Set down the full data below exactly as given, please.

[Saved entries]
______________________________
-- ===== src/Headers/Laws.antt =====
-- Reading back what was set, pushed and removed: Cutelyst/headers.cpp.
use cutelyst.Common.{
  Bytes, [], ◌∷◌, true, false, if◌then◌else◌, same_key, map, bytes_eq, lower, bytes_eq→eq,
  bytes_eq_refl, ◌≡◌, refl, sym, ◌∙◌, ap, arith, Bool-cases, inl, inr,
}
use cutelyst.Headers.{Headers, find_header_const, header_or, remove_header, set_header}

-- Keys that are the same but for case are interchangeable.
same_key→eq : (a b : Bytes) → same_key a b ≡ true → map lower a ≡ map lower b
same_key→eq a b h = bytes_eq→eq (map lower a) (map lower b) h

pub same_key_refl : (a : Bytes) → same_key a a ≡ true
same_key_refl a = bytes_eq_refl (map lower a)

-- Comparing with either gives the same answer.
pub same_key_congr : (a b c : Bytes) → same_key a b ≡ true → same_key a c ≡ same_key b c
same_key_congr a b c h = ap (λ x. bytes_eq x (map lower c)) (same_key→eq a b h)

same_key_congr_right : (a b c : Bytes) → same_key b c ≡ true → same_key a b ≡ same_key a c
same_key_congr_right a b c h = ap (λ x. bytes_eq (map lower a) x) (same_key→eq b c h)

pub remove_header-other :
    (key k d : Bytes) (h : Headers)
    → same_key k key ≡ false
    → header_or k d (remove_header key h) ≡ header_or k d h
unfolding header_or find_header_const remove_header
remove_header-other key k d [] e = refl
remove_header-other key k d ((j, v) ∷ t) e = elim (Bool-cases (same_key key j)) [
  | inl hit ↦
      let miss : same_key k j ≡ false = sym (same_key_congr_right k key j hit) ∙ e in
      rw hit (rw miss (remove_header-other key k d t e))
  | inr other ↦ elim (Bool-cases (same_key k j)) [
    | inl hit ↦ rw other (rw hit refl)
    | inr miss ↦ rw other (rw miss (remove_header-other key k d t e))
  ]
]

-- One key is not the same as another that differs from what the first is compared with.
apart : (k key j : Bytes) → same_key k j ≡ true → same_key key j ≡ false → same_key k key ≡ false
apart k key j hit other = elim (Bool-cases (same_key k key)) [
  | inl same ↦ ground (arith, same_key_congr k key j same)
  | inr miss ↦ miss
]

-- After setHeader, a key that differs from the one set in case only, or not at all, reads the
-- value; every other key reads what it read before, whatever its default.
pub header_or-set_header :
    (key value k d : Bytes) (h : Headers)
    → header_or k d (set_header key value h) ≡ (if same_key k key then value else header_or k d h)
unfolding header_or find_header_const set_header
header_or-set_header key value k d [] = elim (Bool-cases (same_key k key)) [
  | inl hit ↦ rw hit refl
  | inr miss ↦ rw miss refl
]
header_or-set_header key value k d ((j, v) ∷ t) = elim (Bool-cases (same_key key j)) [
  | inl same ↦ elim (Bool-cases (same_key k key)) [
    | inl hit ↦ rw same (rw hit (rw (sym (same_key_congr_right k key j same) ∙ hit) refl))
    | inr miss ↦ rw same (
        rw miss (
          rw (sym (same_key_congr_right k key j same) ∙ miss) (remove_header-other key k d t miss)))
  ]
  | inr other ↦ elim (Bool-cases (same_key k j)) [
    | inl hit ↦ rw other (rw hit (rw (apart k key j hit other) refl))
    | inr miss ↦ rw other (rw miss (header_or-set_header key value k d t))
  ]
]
______________________________
## REPLY:
-- ===== src/Headers/Laws.antt =====
-- Reading back what was set, pushed and removed: Cutelyst/headers.cpp.
use cutelyst.Common.{
  Bytes, [], ◌∷◌, true, false, if◌then◌else◌, same_key, map, bytes_eq, lower, bytes_eq→eq,
  bytes_eq_refl, ◌≡◌, refl, sym, ◌∙◌, ap, arith, Bool-cases, inl, inr,
}
use cutelyst.Headers.{Headers, find_header_const, header_or, remove_header, set_header}

-- Keys that are the same but for case are interchangeable.
same_key→eq : (a b : Bytes) → same_key a b ≡ true → map lower a ≡ map lower b
same_key→eq a b h = bytes_eq→eq (map lower a) (map lower b) h

pub same_key_refl : (a : Bytes) → same_key a a ≡ true
same_key_refl a = bytes_eq_refl (map lower a)

-- Comparing with either gives the same answer.
pub same_key_congr : (a b c : Bytes) → same_key a b ≡ true → same_key a c ≡ same_key b c
same_key_congr a b c h = ap (λ x. bytes_eq x (map lower c)) (same_key→eq a b h)

same_key_congr_right : (a b c : Bytes) → same_key b c ≡ true → same_key a b ≡ same_key a c
same_key_congr_right a b c h = ap (λ x. bytes_eq (map lower a) x) (same_key→eq b c h)

pub remove_header-other :
    (key k d : Bytes) (h : Headers)
    → same_key k key ≡ false
    → header_or k d (remove_header key h) ≡ header_or k d h
unfolding header_or find_header_const remove_header
remove_header-other key k d [] e = refl
remove_header-other key k d ((j, v) ∷ t) e = elim (Bool-cases (same_key key j)) [
  | inl hit ↦
      let miss : same_key k j ≡ false = sym (same_key_congr_right k key j hit) ∙ e in
      rw hit (rw miss (remove_header-other key k d t e))
  | inr other ↦ elim (Bool-cases (same_key k j)) [
    | inl hit ↦ rw other (rw hit refl)
    | inr miss ↦ rw other (rw miss (remove_header-other key k d t e))
  ]
]

-- One key is not the same as another that differs from what the first is compared with.
apart : (k key j : Bytes) → same_key k j ≡ true → same_key key j ≡ false → same_key k key ≡ false
apart k key j hit other = elim (Bool-cases (same_key k key)) [
  | inl same ↦ ground (arith, same_key_congr k key j same)
  | inr miss ↦ miss
]

-- After setHeader, a key that differs from the one set in case only, or not at all, reads the
-- value; every other key reads what it read before, whatever its default.
pub header_or-set_header :
    (key value k d : Bytes) (h : Headers)
    → header_or k d (set_header key value h) ≡ (if same_key k key then value else header_or k d h)
unfolding header_or find_header_const set_header
header_or-set_header key value k d [] = elim (Bool-cases (same_key k key)) [
  | inl hit ↦ rw hit refl
  | inr miss ↦ rw miss refl
]
header_or-set_header key value k d ((j, v) ∷ t) = elim (Bool-cases (same_key key j)) [
  | inl same ↦ elim (Bool-cases (same_key k key)) [
    | inl hit ↦ rw same (rw hit (rw (sym (same_key_congr_right k key j same) ∙ hit) refl))
    | inr miss ↦ rw same (
        rw miss (
          rw (sym (same_key_congr_right k key j same) ∙ miss) (remove_header-other key k d t miss)))
  ]
  | inr other ↦ elim (Bool-cases (same_key k j)) [
    | inl hit ↦ rw other (rw hit (rw (apart k key j hit other) refl))
    | inr miss ↦ rw other (rw miss (header_or-set_header key value k d t))
  ]
]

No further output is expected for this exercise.